Pat Ferrel Wed, 10 Dec 2014 11:04:16 -0800

The idea is to put each of the indicators in a doc or db row with a field for 
each indicator.


If you index docs as csv files (not DB columns) with a row per doc you’ll have 
the following for [AtA]

doc-ID,item1-ID item2-ID item10-ID  and so on

The doc-ID field contains the item-ID and the indicator field contains a space 
delimited list of similar items

You add a field for each of the cross-cooccurrence indicators, you calculate 
[AtA] with every run if the job, but [AtB] will be with a different action and 
so the IDs for A and B  don’t have to be the same. For instance if you have a 
user’s location saved periodically you could treat the action of “being at a 
location” as the input to B. You run A and B into the job and get back two text 
csv sparse matrices. Combine them and index the following:

combined csv:
item1000-ID,item1-ID item2-ID item10-ID ...,location1-ID location2-ID …

This has two indicators in two fields created by joining  [AtA] and  [AtB] 
files. The item/doc-ID for the row is from A always—if you look at the output 
that much should be be clear. Set up Elasticsearch to index the docs with two 
fields.

Then the query uses the history of the user that you want to make 
recommendations for.

Don’t know Elasticsearch query format but the idea is to use the user’s history 
of items interacted with and locations as the query.

Q: field1:”item1-ID item2-ID item3-ID” field2:”location1-ID locationN-ID”
 
field1 contains the data from the primary action indicator and the query string 
is the user’s history of the primary action. Field2 contains the location 
cross-cooccurrence indicators and so will be location-IDs, the query will be 
the user’s history of locations. The query will result in an ordered list of 
items to recommend. So two fields, two different histories for the same user. 
There will be one combined two field query. 

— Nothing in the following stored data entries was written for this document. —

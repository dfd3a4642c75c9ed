-- ===== src/Store/Loadable.antt =====
-- The payloads that a restart accepts: prism_serve/scheduler/replacement_store.py.
use prism_serve.Base.{
  ℕ, ◌≤◌, ◌<◌, String, ◌≡◌, refl, sym, ap, subst, ◌∙◌, Bool, true, false, not, ◌&&◌, ◌||◌, Option,
  none, some, List, [], ◌∷◌, ◌++◌, map, arith, ltb, leb, is_some, Key, ◌==◌, nat_key, text_key,
  pair_key, triple_key, triple_beq_iff, pair_beq_iff, length, any, All, Pairwise, All-map, ok, err,
  modify, ◌>>◌, append_nil, append_step, length-map, pass,
}
use prism_serve.Base.Dict.{Dict, values, lookup, insert, lookup-insert}
use prism_serve.Base.Order.{distinct_count}
use prism_serve.Store.Records.{
  ReplacementReleaseRecord, RecordKey, key_of, lease_of, ReplacementRunSeal, ActiveRun, Payload,
  empty,
}
use prism_serve.Store.State.{Store}
use prism_serve.Store.Load.{
  complete_record, complete_seal, load_records, falls, last_sequence, mixes_runs, mixes_decisions,
  check_payload, adopt, load_payload,
}

-- Two records with different keys that decide on different leases.
abbrev pub Apart : ReplacementReleaseRecord → ReplacementReleaseRecord → Type 0
Apart a b = ((key_of a == key_of b) ≡ false) × ((lease_of a == lease_of b) ≡ false)

abbrev pub OneRun : Option ActiveRun → List ReplacementReleaseRecord → Type 0
OneRun none rs = length rs ≡ 0
OneRun (some a) rs =
    (empty a.decision_digest ≡ false)
    × All
        (λ r.
          ((r.restart_run_id == a.restart_run_id) ≡ true)
          × ((r.decision_digest == a.decision_digest) ≡ true))
        rs

pub record IsLoadable (max_records retention : ℕ) (active : Option ActiveRun)
    (rs : List ReplacementReleaseRecord) (seals : List ReplacementRunSeal) (n : ℕ) : Type 0 where
  pub complete : All (λ r. complete_record r ≡ true) rs
  pub apart : Pairwise Apart rs
  pub within : length rs ≤ max_records
  pub one_run : OneRun active rs
  pub sealed : All (λ x. complete_seal x ≡ true) seals
  pub kept : length seals ≤ retention
  pub rising : Pairwise (λ x y. x.seal_sequence < y.seal_sequence) seals
  pub below : All (λ x. x.seal_sequence < n) seals
  pub runs_apart : Pairwise (λ x y. (x.restart_run_id == y.restart_run_id) ≡ false) seals
  pub positive : 0 < n

abbrev pub keyed : ReplacementReleaseRecord → RecordKey × ReplacementReleaseRecord
keyed r = (key_of r, r)

pub keyed-values : (rs : List ReplacementReleaseRecord) → values (map keyed rs) ≡ rs
keyed-values [] = refl
keyed-values (r ∷ rs) = ap (λ xs. r ∷ xs) (keyed-values rs)

pub insert_new {ℓ κ} :
    {K : Type ℓ} {V : Type κ} ⦃key : Key K⦄ (k : K) (v : V) (d : Dict K V)
    → lookup k d ≡ none
    → insert k v d ≡ d ++ (k, v) ∷ []
unfolding lookup insert
insert_new k v [] h = refl
insert_new k v ((j, w) ∷ d) h = ground (arith, insert_new k v d)

-- The records that may still be read, with these read already.
abbrev Unread :
    Dict RecordKey ReplacementReleaseRecord
    → List (String × String)
    → ReplacementReleaseRecord
    → Type 0
Unread d ls r = (lookup (key_of r) d ≡ none) × (any (λ l. lease_of r == l) ls ≡ false)

Unread-on :
    (d : Dict RecordKey ReplacementReleaseRecord) (ls : List (String × String))
    (r : ReplacementReleaseRecord) (rs : List ReplacementReleaseRecord)
    → All (Apart r) rs
    → All (Unread d ls) rs
    → All (Unread (insert (key_of r) r d) (lease_of r ∷ ls)) rs
Unread-on d ls r [] a h = tt
Unread-on d ls r (x ∷ xs) a h = (
  ground (
    arith,
    a.0,
    h.0,
    lookup-insert (key_of x) (key_of r) r d,
    triple_beq_iff (key_of r) (key_of x),
    triple_beq_iff (key_of x) (key_of r),
    pair_beq_iff (lease_of r) (lease_of x),
    pair_beq_iff (lease_of x) (lease_of r),
  ),
  Unread-on d ls r xs a.1 h.1,
)

load_records-All :
    (rs : List ReplacementReleaseRecord) (d : Dict RecordKey ReplacementReleaseRecord)
    (ls : List (String × String))
    → All (λ r. complete_record r ≡ true) rs
    → Pairwise Apart rs
    → All (Unread d ls) rs
    → load_records rs d ls ≡ ok (d ++ map keyed rs)
unfolding load_records
load_records-All [] d ls c a h = ap ok (sym (append_nil d))
load_records-All (r ∷ rs) d ls c a h =
    rw (c.0, h.0.0, h.0.1)
      (load_records-All rs (insert (key_of r) r d) (lease_of r ∷ ls) c.1 a.1
          (Unread-on d ls r rs a.0 h.1)
        ∙ ap ok (
            ap (λ e. e ++ map keyed rs) (insert_new (key_of r) r d h.0.0)
            ∙ append_step d (keyed r) (map keyed rs)))

pub any_none {ℓ} :
    {A : Type ℓ} (p : A → Bool) (xs : List A) → All (λ x. p x ≡ false) xs → any p xs ≡ false
any_none p [] h = refl
any_none p (x ∷ xs) h = rw h.0 (any_none p xs h.1)

falls-rising :
    (xs : List ReplacementRunSeal)
    → Pairwise (λ x y. x.seal_sequence < y.seal_sequence) xs
    → falls xs ≡ false
unfolding falls
falls-rising [] h = refl
falls-rising (x ∷ []) h = refl
falls-rising (x ∷ y ∷ zs) h = ground (arith, h.0.0, falls-rising (y ∷ zs) h.1)

last-below :
    (n : ℕ) (xs : List ReplacementRunSeal)
    → All (λ x. x.seal_sequence < n) xs
    → 0 < n
    → last_sequence xs < n
last-below n [] h p = p
last-below n (x ∷ []) h p = h.0
last-below n (x ∷ y ∷ zs) h p = last-below n (y ∷ zs) h.1 p

distinct-runs :
    (xs : List ReplacementRunSeal)
    → Pairwise (λ x y. (x.restart_run_id == y.restart_run_id) ≡ false) xs
    → distinct_count (map (λ x. x.restart_run_id) xs) ≡ length xs
unfolding distinct_count
distinct-runs [] h = refl
distinct-runs (x ∷ xs) h = rw (any_map x xs h.0, distinct-runs xs h.1) (omega arith)
  where
    any_map :
        (x : ReplacementRunSeal) (xs : List ReplacementRunSeal)
        → All (λ y. (x.restart_run_id == y.restart_run_id) ≡ false) xs
        → any (λ r. x.restart_run_id == r) (map (λ x. x.restart_run_id) xs) ≡ false
    any_map x [] h = refl
    any_map x (y ∷ ys) h = rw h.0 (any_map x ys h.1)

OneRun-mixes :
    (a : Option ActiveRun) (rs : List ReplacementReleaseRecord)
    → OneRun a rs
    → (mixes_runs a rs ≡ false) × (mixes_decisions a rs ≡ false)
unfolding mixes_runs mixes_decisions
OneRun-mixes none rs h = (refl, refl)
OneRun-mixes (some a) rs h = (
  any_none (λ r. not (r.restart_run_id == a.restart_run_id)) rs
      (All-map _ _ (λ r e. rw e.0 refl) rs h.1),
  rw h.0 (
      any_none (λ r. not (r.decision_digest == a.decision_digest)) rs
        (All-map _ _ (λ r e. rw e.1 refl) rs h.1)),
)

closed-OneRun :
    (a : Option ActiveRun) (d : Dict RecordKey ReplacementReleaseRecord)
    → OneRun a (values d)
    → (not (length d == 0) && not (is_some a)) ≡ false
closed-OneRun none d h = ground (arith, h, length-map (λ e. e.1) d)
closed-OneRun (some a) d h = ground arith

pub check_loadable :
    (p : Payload) (d : Dict RecordKey ReplacementReleaseRecord) (s : Store)
    → IsLoadable s.max_records_per_run s.seal_retention p.active_run
        (values d)
        p.seals
        p.next_seal_sequence
    → check_payload p d s ≡ (ok tt, s)
unfolding check_payload
check_loadable p d s h =
    let cap : ltb s.max_records_per_run (length d) ≡ false =
      ground (arith, h.within, length-map (λ (e : RecordKey × ReplacementReleaseRecord). e.1) d) in
    let seals : any (λ x. not (complete_seal x)) p.seals ≡ false =
      any_none (λ x. not (complete_seal x)) p.seals
        (All-map _ _ (λ x e. rw e refl) p.seals h.sealed) in
    let few : ltb s.seal_retention (length p.seals) ≡ false = ground (arith, h.kept) in
    let once : not (distinct_count (map (λ x. x.restart_run_id) p.seals) == length p.seals)
        ≡ false =
      ground (arith, distinct-runs p.seals h.runs_apart) in
    let next : (p.next_seal_sequence == 0
          || (not (length p.seals == 0) && leb p.next_seal_sequence (last_sequence p.seals)))
        ≡ false =
      ground (arith, h.positive, last-below p.next_seal_sequence p.seals h.below h.positive) in
    rw
      (
        cap,
        closed-OneRun p.active_run d h.one_run,
        (OneRun-mixes p.active_run (values d) h.one_run).0,
        (OneRun-mixes p.active_run (values d) h.one_run).1,
        seals,
        few,
        falls-rising p.seals h.rising,
        once,
        next,
      )
      refl

-- A payload whose parts are in order is loaded as it stands.
pub load_payload-loadable :
    (p : Payload) (s : Store)
    → IsLoadable s.max_records_per_run s.seal_retention p.active_run p.records p.seals
        p.next_seal_sequence
    → load_payload p s ≡ (ok tt, adopt p (map keyed p.records) s)
unfolding load_payload lookup
load_payload-loadable p s h =
    ap (λ r. elim r [ err e ↦ (err e, s) | ok d ↦ (check_payload p d >> modify (adopt p d)) s ])
      (load_records-All p.records [] [] h.complete h.apart
        (All-map _ _ (λ r e. (refl, refl)) p.records h.complete))
    ∙ pass (check_payload p (map keyed p.records)) (modify (adopt p (map keyed p.records))) s
        (check_loadable p (map keyed p.records) s (
          subst
            (λ rs.
              IsLoadable s.max_records_per_run s.seal_retention p.active_run rs p.seals
                p.next_seal_sequence)
            (sym (keyed-values p.records)) h))
        refl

The items IDs may also be the same. For instance if you were recording 
purchases and detail-views for an ecom site. You’d feed purchase history in as 
A, and detail view history in as B.

Other answers below

On Dec 10, 2014, at 7:25 AM, Ariel Wolfmann <[email protected]> wrote:

Hi Pat, 

Sorry that i continue bothering you, but in the next days i need to finish my 
annual report, so it would be very helpful for me if you can answer the 
previous email, because there are things that i haven't clear enough.

Cheers

Ariel

 

2014-12-03 12:41 GMT-03:00 Ariel Wolfmann <[email protected] 
<mailto:[email protected]>>:
Hi Pat, 

Thank you for your answers, for now it's ok for me to run Spark local, so now i 
have another question:

Once i ran spark-itemsimilarity, i need to make the recommendation, as i read 
in your blog i can do it, using a Search engine as the similarity engine, i 
chose ElasticSearch, but i can't understand how this works to make the 
recommendations. It needs to calculate rp = hp[AtA] where [AtA] is the 
spark-itemsimilarity output (the output will be that only if i set to calculate 
all the similarities, not just top 100, right?)

hp[AtA] is actually what the search engine is doing. It is calculating the 
cosine based similarity of your query with the indicator field you point it to. 
This is very loosely speaking = hp[AtA]

The number returned is defined in your config for the search engine and may 
even allow batched up cursor type queries—again I haven’t used Elasticsearch. 
But it’s a search engine thing, not defined by the algorithm

In most cases you will want to filter out the recommended items that were 
actually known by the user. So usually you don’t want to show them things they 
have already purchased.


how should i need to index this output? i supose that i need to store the 
similarity calculated by mahout with the itemId as the indicator, but in the 
example in the blog the indicator are just the names of the most similar items. 
If i only pay atention just to the most similar items, this will not calculate 
hp[AtA], for example if there is an item that is not in the top similar items 
for the items that the user view, but have enough similarity to be a good 
recommendation when you sum the similarities from this item to the viewed 
items..


Nope, as described above the indicator is just the most similar items (based on 
which users preferred them) for the simple case. The IDs are actually strings 
and it’s assumed they have no spaces in them so the search engine won’t get 
confused and break one ID into multiple tokens. 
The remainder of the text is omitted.